Task brief >> If a line of the records contains the string "ToolExecution", copy it out.

*** Data shown Section Begins ***

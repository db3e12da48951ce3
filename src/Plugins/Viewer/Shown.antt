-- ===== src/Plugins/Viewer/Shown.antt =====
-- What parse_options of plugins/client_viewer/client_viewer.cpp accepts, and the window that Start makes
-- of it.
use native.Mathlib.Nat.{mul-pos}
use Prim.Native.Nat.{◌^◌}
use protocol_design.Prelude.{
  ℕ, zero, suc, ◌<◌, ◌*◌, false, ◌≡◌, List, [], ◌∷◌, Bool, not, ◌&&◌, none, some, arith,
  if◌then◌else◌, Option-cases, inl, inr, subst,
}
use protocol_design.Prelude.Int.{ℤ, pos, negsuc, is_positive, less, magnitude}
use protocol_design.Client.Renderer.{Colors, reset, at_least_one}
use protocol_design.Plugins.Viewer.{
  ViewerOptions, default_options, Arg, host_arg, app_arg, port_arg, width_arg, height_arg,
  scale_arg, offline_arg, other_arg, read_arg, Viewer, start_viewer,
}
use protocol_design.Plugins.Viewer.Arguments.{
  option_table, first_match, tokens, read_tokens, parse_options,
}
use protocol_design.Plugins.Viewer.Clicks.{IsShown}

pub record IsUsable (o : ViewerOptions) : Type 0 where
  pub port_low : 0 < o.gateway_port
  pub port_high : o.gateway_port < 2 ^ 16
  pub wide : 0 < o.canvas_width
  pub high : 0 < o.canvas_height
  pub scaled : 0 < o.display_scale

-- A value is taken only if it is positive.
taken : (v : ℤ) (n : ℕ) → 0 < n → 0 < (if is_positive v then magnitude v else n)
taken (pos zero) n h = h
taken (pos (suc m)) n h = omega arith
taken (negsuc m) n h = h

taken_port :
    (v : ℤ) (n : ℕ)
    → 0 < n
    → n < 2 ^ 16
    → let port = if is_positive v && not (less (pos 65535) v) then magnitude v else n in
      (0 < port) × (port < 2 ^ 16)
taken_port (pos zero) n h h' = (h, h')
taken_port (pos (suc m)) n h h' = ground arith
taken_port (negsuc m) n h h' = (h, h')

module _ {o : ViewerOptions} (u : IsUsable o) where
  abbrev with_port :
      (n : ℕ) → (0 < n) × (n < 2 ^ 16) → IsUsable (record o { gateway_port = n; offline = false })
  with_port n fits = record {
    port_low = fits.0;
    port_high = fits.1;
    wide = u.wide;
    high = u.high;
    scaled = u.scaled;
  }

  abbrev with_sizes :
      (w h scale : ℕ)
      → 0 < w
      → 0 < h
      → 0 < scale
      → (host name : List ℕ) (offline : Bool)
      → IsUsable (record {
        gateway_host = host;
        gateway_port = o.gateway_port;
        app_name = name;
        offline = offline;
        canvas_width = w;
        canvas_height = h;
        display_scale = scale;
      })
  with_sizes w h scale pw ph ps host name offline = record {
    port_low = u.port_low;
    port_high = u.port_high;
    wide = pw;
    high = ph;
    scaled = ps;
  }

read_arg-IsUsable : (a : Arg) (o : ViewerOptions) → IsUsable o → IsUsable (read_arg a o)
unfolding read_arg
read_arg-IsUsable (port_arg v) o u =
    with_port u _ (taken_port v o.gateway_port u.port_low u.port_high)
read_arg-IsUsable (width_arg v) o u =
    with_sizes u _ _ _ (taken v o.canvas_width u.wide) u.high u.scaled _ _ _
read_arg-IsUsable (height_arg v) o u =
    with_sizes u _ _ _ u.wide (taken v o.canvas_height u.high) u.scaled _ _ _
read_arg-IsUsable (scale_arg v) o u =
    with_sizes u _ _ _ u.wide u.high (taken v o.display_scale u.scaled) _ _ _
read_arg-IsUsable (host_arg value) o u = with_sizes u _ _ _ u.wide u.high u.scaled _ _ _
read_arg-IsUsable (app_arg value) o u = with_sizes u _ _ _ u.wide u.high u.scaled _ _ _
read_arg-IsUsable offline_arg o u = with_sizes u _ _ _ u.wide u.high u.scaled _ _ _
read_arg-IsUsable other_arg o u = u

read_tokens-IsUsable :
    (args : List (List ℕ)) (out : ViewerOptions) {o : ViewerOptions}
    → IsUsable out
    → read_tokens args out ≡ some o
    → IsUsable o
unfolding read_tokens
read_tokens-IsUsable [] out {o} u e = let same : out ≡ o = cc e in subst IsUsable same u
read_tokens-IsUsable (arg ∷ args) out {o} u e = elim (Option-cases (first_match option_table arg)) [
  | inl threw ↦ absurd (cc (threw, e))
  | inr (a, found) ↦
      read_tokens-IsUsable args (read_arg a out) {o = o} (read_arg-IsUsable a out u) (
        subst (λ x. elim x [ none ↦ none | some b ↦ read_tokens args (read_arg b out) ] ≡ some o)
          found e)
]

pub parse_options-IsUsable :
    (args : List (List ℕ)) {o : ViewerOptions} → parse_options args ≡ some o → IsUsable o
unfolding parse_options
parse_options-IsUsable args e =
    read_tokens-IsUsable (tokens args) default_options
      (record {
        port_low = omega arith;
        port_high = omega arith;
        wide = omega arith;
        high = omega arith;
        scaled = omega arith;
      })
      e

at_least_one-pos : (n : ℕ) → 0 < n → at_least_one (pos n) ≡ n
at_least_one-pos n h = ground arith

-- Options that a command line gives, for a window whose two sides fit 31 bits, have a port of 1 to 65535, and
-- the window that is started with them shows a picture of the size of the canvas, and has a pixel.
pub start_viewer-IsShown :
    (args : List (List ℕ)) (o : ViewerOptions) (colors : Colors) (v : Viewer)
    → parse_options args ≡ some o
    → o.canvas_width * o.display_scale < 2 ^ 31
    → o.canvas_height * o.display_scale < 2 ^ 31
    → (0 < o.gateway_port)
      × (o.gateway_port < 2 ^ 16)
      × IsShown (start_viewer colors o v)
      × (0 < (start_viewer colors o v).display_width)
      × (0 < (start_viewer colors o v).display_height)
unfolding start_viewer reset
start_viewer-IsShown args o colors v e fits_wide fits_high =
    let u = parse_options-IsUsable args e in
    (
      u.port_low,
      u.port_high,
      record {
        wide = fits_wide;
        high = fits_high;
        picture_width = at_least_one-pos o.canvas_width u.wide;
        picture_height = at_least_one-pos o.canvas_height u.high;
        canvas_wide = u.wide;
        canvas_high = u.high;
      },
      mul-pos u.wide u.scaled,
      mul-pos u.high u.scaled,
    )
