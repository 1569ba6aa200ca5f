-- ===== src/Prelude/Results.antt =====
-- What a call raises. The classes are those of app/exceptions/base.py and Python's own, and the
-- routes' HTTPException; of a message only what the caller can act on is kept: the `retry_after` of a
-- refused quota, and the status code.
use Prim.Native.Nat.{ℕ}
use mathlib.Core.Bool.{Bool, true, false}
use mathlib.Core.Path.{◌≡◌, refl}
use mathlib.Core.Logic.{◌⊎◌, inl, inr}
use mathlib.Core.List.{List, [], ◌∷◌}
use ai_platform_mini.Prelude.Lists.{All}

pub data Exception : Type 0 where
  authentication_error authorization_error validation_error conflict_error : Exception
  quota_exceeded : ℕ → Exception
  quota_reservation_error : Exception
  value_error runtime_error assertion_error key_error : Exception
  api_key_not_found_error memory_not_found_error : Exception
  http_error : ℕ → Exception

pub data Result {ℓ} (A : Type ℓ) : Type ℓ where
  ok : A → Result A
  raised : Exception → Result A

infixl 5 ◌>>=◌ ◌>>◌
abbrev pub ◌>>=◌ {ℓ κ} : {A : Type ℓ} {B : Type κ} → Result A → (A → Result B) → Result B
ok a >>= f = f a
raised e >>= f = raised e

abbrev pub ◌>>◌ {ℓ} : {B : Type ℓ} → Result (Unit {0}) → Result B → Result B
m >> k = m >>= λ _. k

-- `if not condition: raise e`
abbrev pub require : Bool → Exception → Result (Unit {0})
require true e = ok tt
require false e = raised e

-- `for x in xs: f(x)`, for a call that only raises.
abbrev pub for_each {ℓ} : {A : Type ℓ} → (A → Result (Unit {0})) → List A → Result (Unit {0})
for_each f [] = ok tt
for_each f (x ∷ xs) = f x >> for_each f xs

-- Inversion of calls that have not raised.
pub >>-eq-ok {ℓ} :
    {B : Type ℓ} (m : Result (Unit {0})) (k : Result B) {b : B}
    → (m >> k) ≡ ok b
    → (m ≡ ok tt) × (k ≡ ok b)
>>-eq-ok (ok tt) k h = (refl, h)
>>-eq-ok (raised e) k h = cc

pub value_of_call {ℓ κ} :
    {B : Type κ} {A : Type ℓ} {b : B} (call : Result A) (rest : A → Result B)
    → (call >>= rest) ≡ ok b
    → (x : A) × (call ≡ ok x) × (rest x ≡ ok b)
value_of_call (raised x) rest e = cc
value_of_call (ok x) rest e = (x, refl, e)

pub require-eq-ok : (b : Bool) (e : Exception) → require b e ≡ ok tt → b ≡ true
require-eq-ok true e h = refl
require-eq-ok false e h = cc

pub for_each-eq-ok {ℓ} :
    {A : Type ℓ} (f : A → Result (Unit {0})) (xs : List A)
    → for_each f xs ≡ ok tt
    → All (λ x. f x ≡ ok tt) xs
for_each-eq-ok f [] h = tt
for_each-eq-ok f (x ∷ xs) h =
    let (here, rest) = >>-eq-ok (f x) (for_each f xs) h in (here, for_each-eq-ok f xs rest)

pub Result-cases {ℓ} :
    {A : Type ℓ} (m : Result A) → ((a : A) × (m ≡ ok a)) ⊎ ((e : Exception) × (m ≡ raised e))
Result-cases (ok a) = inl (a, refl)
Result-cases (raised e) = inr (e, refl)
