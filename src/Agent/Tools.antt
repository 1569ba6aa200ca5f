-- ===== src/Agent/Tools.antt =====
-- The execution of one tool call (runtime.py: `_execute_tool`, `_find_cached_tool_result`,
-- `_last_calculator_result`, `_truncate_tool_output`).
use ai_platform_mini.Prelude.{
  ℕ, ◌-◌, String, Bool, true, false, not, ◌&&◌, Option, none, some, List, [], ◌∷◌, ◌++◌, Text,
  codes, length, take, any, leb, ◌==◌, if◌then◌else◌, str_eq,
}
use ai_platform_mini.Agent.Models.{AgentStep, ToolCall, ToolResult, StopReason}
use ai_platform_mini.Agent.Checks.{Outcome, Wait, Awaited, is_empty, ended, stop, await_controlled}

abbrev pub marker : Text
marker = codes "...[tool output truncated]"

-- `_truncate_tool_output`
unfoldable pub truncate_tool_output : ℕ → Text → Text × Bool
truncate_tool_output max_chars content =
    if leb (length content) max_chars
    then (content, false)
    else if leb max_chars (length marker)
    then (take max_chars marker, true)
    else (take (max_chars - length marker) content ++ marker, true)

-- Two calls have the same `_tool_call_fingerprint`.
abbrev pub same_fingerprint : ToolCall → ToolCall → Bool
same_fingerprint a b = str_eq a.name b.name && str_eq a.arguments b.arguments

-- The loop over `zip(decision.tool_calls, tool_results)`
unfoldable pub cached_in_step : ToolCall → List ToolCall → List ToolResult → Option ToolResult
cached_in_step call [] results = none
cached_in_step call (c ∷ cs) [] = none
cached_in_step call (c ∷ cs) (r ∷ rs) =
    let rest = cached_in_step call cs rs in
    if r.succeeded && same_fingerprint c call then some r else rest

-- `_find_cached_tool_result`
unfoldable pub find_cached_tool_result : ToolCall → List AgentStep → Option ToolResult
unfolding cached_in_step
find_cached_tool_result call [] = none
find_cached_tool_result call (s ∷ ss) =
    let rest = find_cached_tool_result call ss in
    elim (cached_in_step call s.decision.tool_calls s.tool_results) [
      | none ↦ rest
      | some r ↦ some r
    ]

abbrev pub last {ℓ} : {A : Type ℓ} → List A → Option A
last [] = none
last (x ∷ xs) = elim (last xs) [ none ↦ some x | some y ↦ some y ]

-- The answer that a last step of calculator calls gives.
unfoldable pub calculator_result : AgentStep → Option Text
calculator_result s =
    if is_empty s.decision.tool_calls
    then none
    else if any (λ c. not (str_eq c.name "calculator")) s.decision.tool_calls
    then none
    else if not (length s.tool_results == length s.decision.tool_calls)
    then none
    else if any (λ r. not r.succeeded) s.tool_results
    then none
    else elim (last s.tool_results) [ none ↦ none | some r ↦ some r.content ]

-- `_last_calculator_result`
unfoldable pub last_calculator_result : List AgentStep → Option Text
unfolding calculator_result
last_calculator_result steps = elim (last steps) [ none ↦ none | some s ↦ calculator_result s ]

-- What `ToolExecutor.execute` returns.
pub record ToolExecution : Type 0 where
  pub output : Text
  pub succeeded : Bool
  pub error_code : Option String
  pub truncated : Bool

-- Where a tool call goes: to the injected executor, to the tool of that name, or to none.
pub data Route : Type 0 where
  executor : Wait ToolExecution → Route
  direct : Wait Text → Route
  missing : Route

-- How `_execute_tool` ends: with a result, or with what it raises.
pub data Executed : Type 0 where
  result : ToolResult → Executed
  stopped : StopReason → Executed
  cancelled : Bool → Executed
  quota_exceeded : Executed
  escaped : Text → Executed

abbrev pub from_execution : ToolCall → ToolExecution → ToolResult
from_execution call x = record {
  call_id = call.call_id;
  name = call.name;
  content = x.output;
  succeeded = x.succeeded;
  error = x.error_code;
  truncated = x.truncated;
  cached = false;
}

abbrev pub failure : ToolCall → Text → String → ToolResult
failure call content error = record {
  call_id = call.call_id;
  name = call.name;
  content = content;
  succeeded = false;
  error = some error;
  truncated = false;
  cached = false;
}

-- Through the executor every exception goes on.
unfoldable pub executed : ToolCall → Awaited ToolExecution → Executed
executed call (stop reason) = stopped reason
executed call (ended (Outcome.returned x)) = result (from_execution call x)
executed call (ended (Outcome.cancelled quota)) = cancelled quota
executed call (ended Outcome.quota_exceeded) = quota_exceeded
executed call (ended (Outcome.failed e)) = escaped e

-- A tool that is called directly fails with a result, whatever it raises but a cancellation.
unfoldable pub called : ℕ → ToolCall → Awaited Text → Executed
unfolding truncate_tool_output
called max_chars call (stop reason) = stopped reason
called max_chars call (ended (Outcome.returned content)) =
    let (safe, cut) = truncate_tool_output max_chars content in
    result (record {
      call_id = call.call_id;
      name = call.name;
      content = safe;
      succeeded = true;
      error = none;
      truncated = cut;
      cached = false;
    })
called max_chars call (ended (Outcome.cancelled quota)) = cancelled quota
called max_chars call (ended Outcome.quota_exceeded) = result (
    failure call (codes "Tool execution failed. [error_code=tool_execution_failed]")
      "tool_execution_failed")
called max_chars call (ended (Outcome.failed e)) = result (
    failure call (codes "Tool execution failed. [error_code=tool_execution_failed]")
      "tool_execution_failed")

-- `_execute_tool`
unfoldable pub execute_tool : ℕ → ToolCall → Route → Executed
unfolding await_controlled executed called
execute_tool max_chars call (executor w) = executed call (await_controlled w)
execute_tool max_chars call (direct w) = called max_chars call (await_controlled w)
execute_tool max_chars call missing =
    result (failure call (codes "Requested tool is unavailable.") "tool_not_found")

*** Data shown Section Ends ***

Result >>
pub record ToolExecution : Type 0 where
  executor : Wait ToolExecution → Route
abbrev pub from_execution : ToolCall → ToolExecution → ToolResult
unfoldable pub executed : ToolCall → Awaited ToolExecution → Executed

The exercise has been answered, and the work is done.